Task details. Reproduce, from the lines below, exactly the stretch that begins at the line containing "(add_iov (cur - prev) skip pos iov scrap_len).1" and ends at the line containing "append-IsBuilt begin prev cur pos iov (user", both included.

Provided data.
══════════════════════════════

-- ===== src/Client/Trimming.antt =====
-- src/client/cluster_client.cpp: the loop of `slice_rw` over a part of which some bytes are there
-- already.
use vitastor.Base.{
  ℕ, zero, suc, ◌+◌, ◌-◌, ◌*◌, ◌≤◌, ◌<◌, ◌≡◌, refl, subst, sym, ap, ◌∙◌, inl, inr, Bool, true,
  false, not, ◌&&◌, ◌||◌, List, [], ◌∷◌, ◌++◌, Option, none, some, ltb, ◌==◌, if◌then◌else◌, arith,
  lt→ltb, ltb→lt, Bool-cases,
}
use native.Mathlib.Decide.{dec_lt}
use native.Mathlib.Nat.{suc-mul, le-mul_of_pos_right}
use vitastor.Client.Slices.{
  Piece, user, scrap, add_iov, Trim, turn, trim_step, trim_loop, trim_end, trim_part,
}
use vitastor.Client.Pieces.{
  piece_byte, pieces_size, pieces_size-append, piece_byte-append, part_byte, add_iov_pos,
  add_iov_none,
}

module _ (present : ℕ → Bool) (begin0 pos0 : ℕ) where
  -- What a byte of the part is to be read into.
  abbrev pub wanted : ℕ → Option ℕ
  wanted x = if present x then none else some (pos0 + (x - begin0))

  -- The bytes from `begin` to `end` have their buffers, and those before `begin` are there.
  record IsBuilt (begin end pos : ℕ) (iov : List Piece) : Type 0 where
    pub low : begin0 ≤ begin
    pub high : begin ≤ end
    pub moved : pos ≡ pos0 + (end - begin0)
    pub size : pieces_size iov ≡ end - begin
    pub cells : (x : ℕ) → begin0 ≤ x → x < end → part_byte begin end iov x ≡ wanted x

  -- The bytes from `prev` to `cur` are there, or none of them is.
  abbrev IsRun : ℕ → ℕ → Bool → Type 0
  IsRun prev cur skip = (x : ℕ) → prev ≤ x → x < cur → present x ≡ skip

  -- One more buffer, for the bytes of a run.
  append-IsBuilt :
      (begin prev cur pos : ℕ) (iov : List Piece) (p : Piece)
      → IsBuilt begin prev pos iov
      → prev ≤ cur
      → pieces_size (p ∷ []) ≡ cur - prev
      → ((x : ℕ) → prev ≤ x → x < cur → piece_byte (p ∷ []) (x - prev) ≡ wanted x)
      → IsBuilt begin cur (pos + (cur - prev)) (iov ++ p ∷ [])
  append-IsBuilt begin prev cur pos iov p b l size here = record {
    low = b.low;
    high = omega (arith, b.high);
    moved = omega (arith, b.moved, b.high, b.low);
    size = omega (arith, pieces_size-append iov (p ∷ []), size, b.size, b.high);
    cells = λ x begins ends. cell x begins ends;
  }
    where
      cell : (x : ℕ) → begin0 ≤ x → x < cur → part_byte begin cur (iov ++ p ∷ []) x ≡ wanted x
      cell x begins ends =
          let both = piece_byte-append iov (p ∷ []) (x - begin) in
          elim (dec_lt x prev) [
            | yes y ↦ ground (arith, both, b.cells x begins y, b.size, b.high, y, ends)
            | no n ↦
                let e : x - begin - pieces_size iov ≡ x - prev = omega (arith, b.size, b.high) in
                ground (arith, rw e at both, here x (omega arith) ends, b.size, b.high, n, ends)
          ]

  add_iov-IsBuilt :
      (begin prev cur pos scrap_len : ℕ) (iov : List Piece) (skip : Bool)
      → IsBuilt begin prev pos iov
      → IsRun prev cur skip
      → prev < cur
      → 0 < scrap_len
      → IsBuilt begin cur
          (add_iov (cur - prev) skip pos iov scrap_len).0
          (add_iov (cur - prev) skip pos iov scrap_len).1
  unfolding add_iov pieces_size piece_byte
  add_iov-IsBuilt begin prev cur pos scrap_len iov false b run l k =
      let e : (cur - prev == 0) ≡ false = ground arith in
      rw e (
        append-IsBuilt begin prev cur pos iov (user pos (cur - prev)) b (omega arith) (omega arith)
          (λ x low high. ground (arith, run x low high, b.moved, b.high, b.low)))
  add_iov-IsBuilt begin prev cur pos scrap_len iov true b run l k =
      let e : (cur - prev == 0) ≡ false = ground arith in
      rw (e, lt→ltb 0 scrap_len k)
        (append-IsBuilt begin prev cur pos iov (scrap (cur - prev)) b (omega arith) (omega arith)
          (λ x low high. ground (arith, run x low high)))

  -- Bytes that are there at the front move the begin.
  skip_front-IsBuilt :
      (begin prev cur pos : ℕ) (iov : List Piece)
      → IsBuilt begin prev pos iov
      → IsRun prev cur true
      → prev < cur
      → prev ≡ begin
      → IsBuilt cur cur
          (add_iov (cur - prev) true pos iov 0).0
          (add_iov (cur - prev) true pos iov 0).1
  unfolding add_iov
  skip_front-IsBuilt begin prev cur pos iov b run l e = record {
    low = omega (arith, b.low);
    high = omega arith;
    moved = omega (arith, b.moved, b.high, b.low);
    size = ground (arith, b.size);
    cells = λ x begins ends. front x begins ends;
  }
    where
      front :
          (x : ℕ)
          → begin0 ≤ x
          → x < cur
          → part_byte cur cur (add_iov (cur - prev) true pos iov 0).1 x ≡ wanted x
      front x begins ends = elim (dec_lt x prev) [
        | yes y ↦ ground (arith, b.cells x begins y)
        | no n ↦ ground (arith, run x (omega arith) ends)
      ]

  -- What holds before each round of the loop.
  record IsTrim (cur : ℕ) (t : Trim) : Type 0 where
    pub built : IsBuilt t.begin t.prev t.pos t.iov
    pub ahead : t.prev ≤ cur
    pub run : IsRun t.prev cur t.skip_prev

  turn-IsBuilt :
      (scrap_len cur : ℕ) (skip : Bool) (t : Trim)
      → 0 < scrap_len
      → IsTrim cur t
      → IsBuilt
          (turn scrap_len skip cur t).begin
          cur
          (turn scrap_len skip cur t).pos
          (turn scrap_len skip cur t).iov
  unfolding turn
  turn-IsBuilt scrap_len cur skip t k v = elim (Bool-cases (ltb t.prev cur)) [
    | inr stays ↦
        let e : t.prev ≡ cur = ground (arith, stays, v.ahead) in
        rw stays (subst (λ c. IsBuilt t.begin c t.pos t.iov) e v.built)
    | inl moves ↦
        let l = ltb→lt t.prev cur moves in
        elim (Bool-cases (t.prev == t.begin && t.skip_prev)) [
          | inr inner ↦
              rw (moves, inner)
                (add_iov-IsBuilt t.begin t.prev cur t.pos scrap_len t.iov t.skip_prev v.built v.run
                  l k)
          | inl front ↦
              let there : t.skip_prev ≡ true = ground (arith, front) in
              let e : t.prev ≡ t.begin = ground (arith, front) in
              rw (moves, front)
                (skip_front-IsBuilt t.begin t.prev cur t.pos t.iov v.built
                  (λ x low high. v.run x low high ∙ there) l e)
        ]
  ]

  turn_prev :
      (scrap_len cur : ℕ) (skip : Bool) (t : Trim)
      → ((turn scrap_len skip cur t).prev ≡ cur) × ((turn scrap_len skip cur t).skip_prev ≡ skip)
  unfolding turn
  turn_prev scrap_len cur skip t = ground arith

  -- All bytes of a granule are there, or none is.
  abbrev pub IsGranule : ℕ → ℕ → Type 0
  IsGranule granularity cur = (x : ℕ) → cur ≤ x → x < cur + granularity → present x ≡ present cur

  trim_step-IsTrim :
      (granularity scrap_len cur : ℕ) (t : Trim)
      → 0 < scrap_len
      → IsGranule granularity cur
      → IsTrim cur t
      → IsTrim (cur + granularity) (trim_step present scrap_len cur t)
  unfolding trim_step
  trim_step-IsTrim g scrap_len cur t k same v =
      elim (Bool-cases (t.skip_prev && present cur || not t.skip_prev && not (present cur))) [
        | inl goes_on ↦
            let e : present cur ≡ t.skip_prev = ground (arith, goes_on) in
            rw goes_on record {
              built = v.built;
              ahead = omega (arith, v.ahead);
              run = λ x low high. elim (dec_lt x cur) [
                | yes y ↦ v.run x low y
                | no n ↦ same x (omega arith) high ∙ e
              ];
            }
        | inr turns ↦
            let (at, kind) = turn_prev scrap_len cur (present cur) t in
            rw turns record {
              built =
                  subst
                    (λ c.
                      IsBuilt (turn scrap_len (present cur) cur t).begin c
                        (turn scrap_len (present cur) cur t).pos
                        (turn scrap_len (present cur) cur t).iov)
                    (sym at) (turn-IsBuilt scrap_len cur (present cur) t k v);
              ahead = omega (arith, at);
              run = λ x low high. same x (omega (arith, at)) high ∙ sym kind;
            }
      ]

  trim_loop-IsTrim :
      (granularity scrap_len n j cur end : ℕ) (t : Trim)
      → 0 < scrap_len
      → 0 < granularity
      → ((i : ℕ) → i < j → IsGranule granularity (cur + i * granularity))
      → cur + j * granularity ≡ end
      → j ≤ n
      → IsTrim cur t
      → (u : Trim) × (trim_loop present granularity scrap_len n cur end t ≡ (u, end)) × IsTrim end u
  unfolding trim_loop
  trim_loop-IsTrim g scrap_len zero zero cur end t k p same e l v =
      let c : cur ≡ end = omega (arith, e) in (t, ap (λ y. (t, y)) c, subst (λ y. IsTrim y t) c v)
  trim_loop-IsTrim g scrap_len (suc n) zero cur end t k p same e l v =
      let c : cur ≡ end = omega (arith, e) in
      let stop : ltb cur end ≡ false = ground (arith, c) in
      (t, rw stop (ap (λ y. (t, y)) c), subst (λ y. IsTrim y t) c v)
  trim_loop-IsTrim g scrap_len zero (suc j) cur end t k p same e l v = absurd (omega arith)
  trim_loop-IsTrim g scrap_len (suc n) (suc j) cur end t k p same e l v =
      let first : IsGranule g cur = subst (IsGranule g) (omega arith) (same 0 (omega arith)) in
      let later : (i : ℕ) → i < j → IsGranule g (cur + g + i * g) =
        λ i l. subst (IsGranule g) (omega (arith, suc-mul i g)) (same (suc i) (omega arith)) in
      let go : ltb cur end ≡ true = ground (arith, e, suc-mul j g) in
      let (u, run, done) =
        trim_loop-IsTrim g scrap_len n j (cur + g) end (trim_step present scrap_len cur t) k p later
          (omega (arith, e, suc-mul j g)) (omega arith)
          (trim_step-IsTrim g scrap_len cur t k first v) in
      (u, rw go run, done)

  -- The bounds and buffers that a part is cut down to.
  pub record IsCut (begin end : ℕ) (r : ℕ × ℕ × ℕ × List Piece) : Type 0 where
    pub from : begin ≤ r.0
    pub order : r.0 ≤ r.1
    pub to : r.1 ≤ end
    pub next : r.2 ≡ pos0 + (end - begin)
    pub size : pieces_size r.3 ≡ r.1 - r.0
    pub cells : (x : ℕ) → begin ≤ x → x < end → part_byte r.0 r.1 r.3 x ≡ wanted x

  start_IsTrim :
      IsTrim begin0
        (record { begin = begin0; prev = begin0; skip_prev = true; pos = pos0; iov = [] })
  unfolding pieces_size
  start_IsTrim = record {
    built = record {
      low = omega arith;
      high = omega arith;
      moved = omega arith;
      size = omega arith;
      cells = λ x low high. absurd (omega (arith, low, high));
    };
    ahead = omega arith;
    run = λ x low high. absurd (omega (arith, low, high));
  }

  add_nothing :
      (begin prev pos scrap_len : ℕ) (iov : List Piece)
      → IsBuilt begin prev pos iov
      → IsBuilt begin prev
          (add_iov (prev - prev) false pos iov scrap_len).0
          (add_iov (prev - prev) false pos iov scrap_len).1
  unfolding add_iov
  add_nothing begin prev pos scrap_len iov b =
      let e : prev - prev ≡ 0 = omega arith in let f : pos + 0 ≡ pos = omega arith in rw (e, f) b

  trim_end-IsCut :
      (scrap_len end : ℕ) (t : Trim)
      → 0 < scrap_len
      → IsTrim end t
      → IsCut begin0 end (trim_end scrap_len end t end)
  unfolding trim_end
  trim_end-IsCut scrap_len end t k v = elim (Bool-cases t.skip_prev) [
    | inl there ↦ rw there record {
      from = v.built.low;
      order = v.built.high;
      to = v.ahead;
      next = omega (
        arith,
        add_iov_pos (end - t.prev) true t.pos 0 t.iov,
        v.built.moved,
        v.built.low,
        v.built.high,
        v.ahead,
      );
      size = ap pieces_size (add_iov_none (end - t.prev) t.pos t.iov) ∙ v.built.size;
      cells = λ x low high. elim (dec_lt x t.prev) [
        | yes y ↦ rw (add_iov_none (end - t.prev) t.pos t.iov) (v.built.cells x low y)
        | no n ↦ ground (arith, v.run x (omega arith) high, there, n)
      ];
    }
    | inr missing ↦ rw missing (whole (last (ltb t.prev end) refl missing))
  ]
    where
      whole :
          {pos : ℕ} {iov : List Piece}
          → IsBuilt t.begin end pos iov
          → IsCut begin0 end (t.begin, end, pos, iov)
      whole b = record {
        from = b.low;
        order = b.high;
        to = omega arith;
        next = b.moved;
        size = b.size;
        cells = b.cells;
      }

      last :
          (b : Bool)
          → ltb t.prev end ≡ b
          → t.skip_prev ≡ false
          → IsBuilt t.begin end
              (add_iov (end - t.prev) false t.pos t.iov scrap_len).0
              (add_iov (end - t.prev) false t.pos t.iov scrap_len).1
      last true l m =
          add_iov-IsBuilt t.begin t.prev end t.pos scrap_len t.iov false v.built
            (λ x low high. v.run x low high ∙ m) (ltb→lt t.prev end l) k
      last false l m =
          let e : t.prev ≡ end = ground (arith, l, v.ahead) in
          rw (sym e) (add_nothing t.begin t.prev t.pos scrap_len t.iov v.built)

-- The part of a stripe that `trim_part` leaves: it lies between the bounds, its buffers are as long as it
-- is, and they take each byte that is not there to its place in the operation's buffers.
pub trim_part-IsCut :
    (present : ℕ → Bool) (granularity scrap_len begin end pos j : ℕ)
    → 0 < scrap_len
    → 0 < granularity
    → ((i : ℕ) → i < j → IsGranule present begin pos granularity (begin + i * granularity))
    → begin + j * granularity ≡ end
    → IsCut present begin pos begin end (trim_part present granularity scrap_len begin end pos)
unfolding trim_part add_iov
trim_part-IsCut present g scrap_len begin end pos j k p same e =
    let l : j ≤ end - begin = omega (arith, e, le-mul_of_pos_right j p) in
    let (t, run, v) =
      trim_loop-IsTrim present begin pos g scrap_len (end - begin) j begin end
        (record { begin = begin; prev = begin; skip_prev = true; pos = pos; iov = [] }) k p same e l
        (start_IsTrim present begin pos) in
    rw run (trim_end-IsCut present begin pos scrap_len end t k v)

══════════════════════════════

Result for this exercise.
          (add_iov (cur - prev) skip pos iov scrap_len).1
  unfolding add_iov pieces_size piece_byte
  add_iov-IsBuilt begin prev cur pos scrap_len iov false b run l k =
      let e : (cur - prev == 0) ≡ false = ground arith in
      rw e (
        append-IsBuilt begin prev cur pos iov (user pos (cur - prev)) b (omega arith) (omega arith)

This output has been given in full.